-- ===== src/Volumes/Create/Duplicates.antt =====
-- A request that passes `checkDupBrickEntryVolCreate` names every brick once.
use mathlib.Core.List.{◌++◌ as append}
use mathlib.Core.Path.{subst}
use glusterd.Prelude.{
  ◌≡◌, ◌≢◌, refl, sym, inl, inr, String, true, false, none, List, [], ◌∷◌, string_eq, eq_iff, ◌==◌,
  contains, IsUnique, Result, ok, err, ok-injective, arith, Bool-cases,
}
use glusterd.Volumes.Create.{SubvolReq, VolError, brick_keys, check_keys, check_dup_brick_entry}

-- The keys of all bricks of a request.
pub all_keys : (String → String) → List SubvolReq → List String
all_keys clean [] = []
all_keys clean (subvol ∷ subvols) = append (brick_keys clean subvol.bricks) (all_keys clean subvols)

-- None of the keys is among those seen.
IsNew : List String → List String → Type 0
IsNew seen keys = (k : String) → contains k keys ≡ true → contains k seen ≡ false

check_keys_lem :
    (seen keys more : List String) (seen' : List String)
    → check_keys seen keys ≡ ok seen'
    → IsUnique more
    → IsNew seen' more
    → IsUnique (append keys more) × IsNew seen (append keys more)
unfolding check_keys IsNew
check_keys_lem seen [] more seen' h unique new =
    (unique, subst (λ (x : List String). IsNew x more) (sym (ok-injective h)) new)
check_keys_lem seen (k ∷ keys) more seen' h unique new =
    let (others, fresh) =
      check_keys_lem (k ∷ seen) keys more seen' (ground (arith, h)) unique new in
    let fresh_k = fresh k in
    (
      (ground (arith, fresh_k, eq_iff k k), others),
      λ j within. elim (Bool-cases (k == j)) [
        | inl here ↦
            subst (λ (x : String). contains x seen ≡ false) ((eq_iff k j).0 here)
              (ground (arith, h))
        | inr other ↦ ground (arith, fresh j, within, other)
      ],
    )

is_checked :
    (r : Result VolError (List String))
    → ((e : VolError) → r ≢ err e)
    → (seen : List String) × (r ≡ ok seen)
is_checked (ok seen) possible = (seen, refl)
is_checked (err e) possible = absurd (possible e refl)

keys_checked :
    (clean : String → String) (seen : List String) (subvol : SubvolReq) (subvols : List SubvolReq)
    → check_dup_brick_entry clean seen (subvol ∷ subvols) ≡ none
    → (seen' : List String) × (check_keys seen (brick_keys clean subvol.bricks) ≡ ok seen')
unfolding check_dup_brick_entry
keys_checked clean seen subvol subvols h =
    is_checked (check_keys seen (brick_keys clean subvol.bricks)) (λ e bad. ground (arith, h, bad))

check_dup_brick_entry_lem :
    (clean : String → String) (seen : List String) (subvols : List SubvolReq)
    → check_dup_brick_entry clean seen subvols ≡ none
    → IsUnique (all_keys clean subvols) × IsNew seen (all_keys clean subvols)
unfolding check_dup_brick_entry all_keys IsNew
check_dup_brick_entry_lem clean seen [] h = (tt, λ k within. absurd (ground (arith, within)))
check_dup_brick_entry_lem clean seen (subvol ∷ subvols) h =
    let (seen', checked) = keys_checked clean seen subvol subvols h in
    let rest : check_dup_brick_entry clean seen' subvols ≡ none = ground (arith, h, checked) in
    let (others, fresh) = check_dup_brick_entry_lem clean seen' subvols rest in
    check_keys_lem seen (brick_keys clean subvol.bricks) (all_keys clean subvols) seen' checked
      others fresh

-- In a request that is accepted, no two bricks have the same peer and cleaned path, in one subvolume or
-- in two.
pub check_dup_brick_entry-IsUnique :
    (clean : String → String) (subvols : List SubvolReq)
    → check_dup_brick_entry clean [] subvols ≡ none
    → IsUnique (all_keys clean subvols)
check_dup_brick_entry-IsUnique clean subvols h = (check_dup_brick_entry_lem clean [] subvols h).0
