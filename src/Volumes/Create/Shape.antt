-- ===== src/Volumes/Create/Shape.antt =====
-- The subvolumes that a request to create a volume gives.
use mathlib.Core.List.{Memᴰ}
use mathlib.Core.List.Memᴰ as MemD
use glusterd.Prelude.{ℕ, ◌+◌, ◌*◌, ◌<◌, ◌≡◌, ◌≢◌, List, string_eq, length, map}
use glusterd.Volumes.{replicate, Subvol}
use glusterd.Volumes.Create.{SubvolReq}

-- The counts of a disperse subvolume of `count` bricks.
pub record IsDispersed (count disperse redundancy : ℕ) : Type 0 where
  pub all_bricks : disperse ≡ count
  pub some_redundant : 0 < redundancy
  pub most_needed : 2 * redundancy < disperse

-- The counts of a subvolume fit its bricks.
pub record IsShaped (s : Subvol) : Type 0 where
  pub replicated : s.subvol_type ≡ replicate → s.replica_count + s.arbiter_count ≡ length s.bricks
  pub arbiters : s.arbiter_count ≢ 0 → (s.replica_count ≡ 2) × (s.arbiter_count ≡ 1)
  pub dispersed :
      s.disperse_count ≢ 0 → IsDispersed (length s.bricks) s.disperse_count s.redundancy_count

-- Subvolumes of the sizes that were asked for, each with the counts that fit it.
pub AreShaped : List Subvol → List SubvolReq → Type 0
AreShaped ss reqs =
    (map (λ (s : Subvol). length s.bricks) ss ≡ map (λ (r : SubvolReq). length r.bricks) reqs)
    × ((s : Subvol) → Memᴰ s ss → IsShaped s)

* * * * *

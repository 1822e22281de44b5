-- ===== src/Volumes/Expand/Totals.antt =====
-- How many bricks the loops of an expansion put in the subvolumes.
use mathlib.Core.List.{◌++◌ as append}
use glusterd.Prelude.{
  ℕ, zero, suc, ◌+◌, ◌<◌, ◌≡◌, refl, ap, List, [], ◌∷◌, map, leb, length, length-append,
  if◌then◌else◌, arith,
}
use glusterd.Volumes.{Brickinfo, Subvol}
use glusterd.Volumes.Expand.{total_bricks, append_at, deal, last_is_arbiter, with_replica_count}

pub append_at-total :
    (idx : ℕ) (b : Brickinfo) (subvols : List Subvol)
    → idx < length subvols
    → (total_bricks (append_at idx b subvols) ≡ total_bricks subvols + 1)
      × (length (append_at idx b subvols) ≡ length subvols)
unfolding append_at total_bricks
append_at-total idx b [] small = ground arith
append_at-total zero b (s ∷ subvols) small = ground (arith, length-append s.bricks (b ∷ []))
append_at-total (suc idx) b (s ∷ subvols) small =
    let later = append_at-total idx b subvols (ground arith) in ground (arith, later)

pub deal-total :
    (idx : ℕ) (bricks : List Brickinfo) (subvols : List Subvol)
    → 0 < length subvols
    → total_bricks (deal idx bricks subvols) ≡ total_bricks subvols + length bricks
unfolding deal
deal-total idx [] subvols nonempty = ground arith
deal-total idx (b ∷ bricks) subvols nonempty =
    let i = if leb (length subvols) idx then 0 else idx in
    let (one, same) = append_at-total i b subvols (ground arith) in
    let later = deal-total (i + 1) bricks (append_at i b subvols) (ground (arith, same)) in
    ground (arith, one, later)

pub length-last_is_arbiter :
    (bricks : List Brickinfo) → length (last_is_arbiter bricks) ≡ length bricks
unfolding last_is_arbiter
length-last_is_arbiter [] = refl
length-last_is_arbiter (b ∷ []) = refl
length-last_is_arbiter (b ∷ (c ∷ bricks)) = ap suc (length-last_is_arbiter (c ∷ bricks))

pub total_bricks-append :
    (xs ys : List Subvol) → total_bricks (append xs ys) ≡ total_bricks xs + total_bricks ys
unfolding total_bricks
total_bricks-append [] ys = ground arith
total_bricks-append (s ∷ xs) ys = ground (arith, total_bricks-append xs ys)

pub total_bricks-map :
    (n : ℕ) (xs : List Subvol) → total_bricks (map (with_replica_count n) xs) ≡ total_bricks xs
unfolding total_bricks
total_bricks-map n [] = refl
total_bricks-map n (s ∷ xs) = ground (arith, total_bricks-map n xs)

* * * * *

Only the lines above starting with the one with "unfolding check_dup_brick_entry all_keys" and going through the one with "let rest : check_dup_brick_entry" are to be copied, word for word and with both ends kept.

unfolding check_dup_brick_entry all_keys IsNew
check_dup_brick_entry_lem clean seen [] h = (tt, λ k within. absurd (ground (arith, within)))
check_dup_brick_entry_lem clean seen (subvol ∷ subvols) h =
    let (seen', checked) = keys_checked clean seen subvol subvols h in
    let rest : check_dup_brick_entry clean seen' subvols ≡ none = ground (arith, h, checked) in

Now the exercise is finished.